# Essential Hand Tool Suggestion for Husband?



## girrlscout (1 mo ago)

Hi,
My husband is a novice woodworker, he has made a beautiful coffee table, a double bowl thing (hard to describe) , and a spoon. He loves working with wood he finds in the forest. 

So far, all the tools he has are economical.

I'm trying to figure out a nice, good quality present for him... anywhere from $150-$400 for tools or a tool that would help him in this new found craft of his.

Any suggestions? Thank you!!


----------



## John Smith_inFL (Dec 15, 2017)

Welcome, Scout. Your project is most commendable.
For me, tools are mostly personal to ones skills or anticipated interests. Would a gift card be out of your considerations? Then, he come join here after Christmas and go over what he would like and we could help him with the tools he may need.


----------



## JCamp (Nov 22, 2016)

Welcome to LJs
I think what you are doing is a great idea. However if you were my wife I’d be against it. Unless he needs a little bit of everything then he probably already has a idea of what he needs better than any of us can guess. I’m a tightwad and very much a practical person when it comes to money though.

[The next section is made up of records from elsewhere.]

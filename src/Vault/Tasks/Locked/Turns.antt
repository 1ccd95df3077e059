-- ===== src/Vault/Tasks/Locked/Turns.antt =====
-- Vault.Tasks.Locked: the calls under the lock against the turns of Vault/Tasks.antt.
use tari_vault.Base.{
  ℕ, zero, suc, ◌+◌, ◌≤◌, Bytes, IsArray, ◌≡◌, refl, Bool, true, false, List, [], ◌∷◌, arith, inl,
  inr, ◌⊎◌,
}
use tari_vault.Storage.Backend.{StorageBackend, Contract}
use tari_vault.Storage.Backend.Ask.{LockedParts}
use tari_vault.Vault.{Crypto}
use tari_vault.Vault.History.{Call, IsAdmissible}
use tari_vault.Vault.Tasks.{Reach}
use tari_vault.Vault.Tasks.Counts.{deletes, stores, present, deletes-le-stores}
use tari_vault.Vault.Tasks.Locked.{
  Worker, outside, holds, has_read, Floor, tasks_of, work, work_at, LockedReach,
}
use tari_vault.Vault.Tasks.Locked.Exclusion.{OneInside, IsExclusive}
use tari_vault.Vault.Tasks.Locked.Steps.{reached_under_lock, coarse}

module _ {S : Type 0} (crypto : Crypto) (backend : StorageBackend S)
    (parts : LockedParts backend) where
  -- The worker at the place gives the lock back at its first step or at its second.
  abbrev pub Releases : ℕ → List (Worker parts.Loaded) → S → Type 0
  Releases i ws s =
      let y = work_at crypto backend parts i ws false s in
      (y.1 ≡ true) ⊎ ((work_at crypto backend parts i y.0 y.1 y.2).1 ≡ true)

  inside-Releases :
      (ws : List (Worker parts.Loaded)) (e s : S)
      → OneInside crypto backend parts e s ws
      → (i : ℕ) × Releases i ws s
  unfolding work_at work
  inside-Releases [] e s h = absurd h
  inside-Releases (outside t ∷ ws) e s (inl h) = absurd h.0
  inside-Releases (holds a t ∷ ws) e s (inl h) = (zero, inr refl)
  inside-Releases (has_read a t l ∷ ws) e s (inl h) = (zero, inl refl)
  inside-Releases (w ∷ ws) e s (inr h) =
      let later = inside-Releases ws e s h.1 in (suc later.0, later.1)

  lock_released :
      (free : Bool) (ws : List (Worker parts.Loaded)) (e s : S)
      → IsExclusive crypto backend parts e free s ws
      → ((free ≡ true) × (s ≡ e)) ⊎ ((free ≡ false) × (i : ℕ) × Releases i ws s)
  lock_released true ws e s h = inl (refl, h.0)
  lock_released false ws e s h = let out = inside-Releases ws e s h in inr (refl, out.0, out.1)

  -- Whatever calls are started and however the workers take steps: the calls stand as turns over the
  -- backend of whole operations leave them; and either the lock is free and the store is what those
  -- turns leave, or it is taken and there is a worker that gives it back within two steps.
  pub locked_calls_are_turns :
      (P : Call → Type 0) (s : S) (x : Floor parts.Loaded S)
      → LockedReach crypto backend parts P s x
      → (e : S) × Reach crypto backend P s (coarse crypto backend parts x.workers e)
        × (((x.free ≡ true) × (x.state ≡ e))
            ⊎ ((x.free ≡ false) × (i : ℕ) × Releases i x.workers x.state))
  locked_calls_are_turns P s x r =
      let h = reached_under_lock crypto backend parts P s x r in
      (h.0, h.1, lock_released x.free x.workers h.0 x.state h.2)

  pub locked_deletes-le-stores :
      (c : Contract backend) (id : Bytes) (a : IsArray 16 id) (s : S) (x : Floor parts.Loaded S)
      → c.IsHealthy s
      → LockedReach crypto backend parts (IsAdmissible crypto backend c) s x
      → deletes crypto backend c id a (tasks_of x.workers)
        ≤ stores crypto backend c id a (tasks_of x.workers) + present crypto backend c id a s
  locked_deletes-le-stores c id a s x h r =
      let as_turns = locked_calls_are_turns _ s x r in
      omega (arith, deletes-le-stores crypto backend c id a h as_turns.1)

Some things are always a good bet that he could use even if he has another like:
Estwing stacked leather handled hammer
Buck or case locking blade knife
Stanley fatmax tape measure or nice folding ruler
Quality heavy guage extension cord
Subscription to a woodworking magazine that has the same stuff he likes/wants to build
A nice set of screwdrivers
Quality American made combination square
Kreg jig
Woodworking clamps
Some folks also like the leather aprons they make for woodworkers. I’m more of a fan of bibs though.
Or just ask him to give you his own list so you know you’ll get it right. Just save the receipt. Good luck!


----------



## Phil32 (Aug 31, 2018)

The members on this woodworking site wrestle with the question of tools needed all the time. But many of them don't have the answer. All they've acquired is a "tool fetish."


----------



## girrlscout (1 mo ago)

Thank you for your kindness and patience as I stumble in the woods blindfolded...

I do want to give him something... they can be returned if I'm wrong... so far I've purchased: 

a crescent lufkin 5/8" x 6" red end two way rule

two books: The Perfect Edge by Ron Hock, and Heirloom Wood: A Modern Guide to Carving Spoons, Bowls, Boards and Other Homewares

a Lie Nielsen 102 low angle block plane (for what, I don't know, but people seem to think one of these are essential)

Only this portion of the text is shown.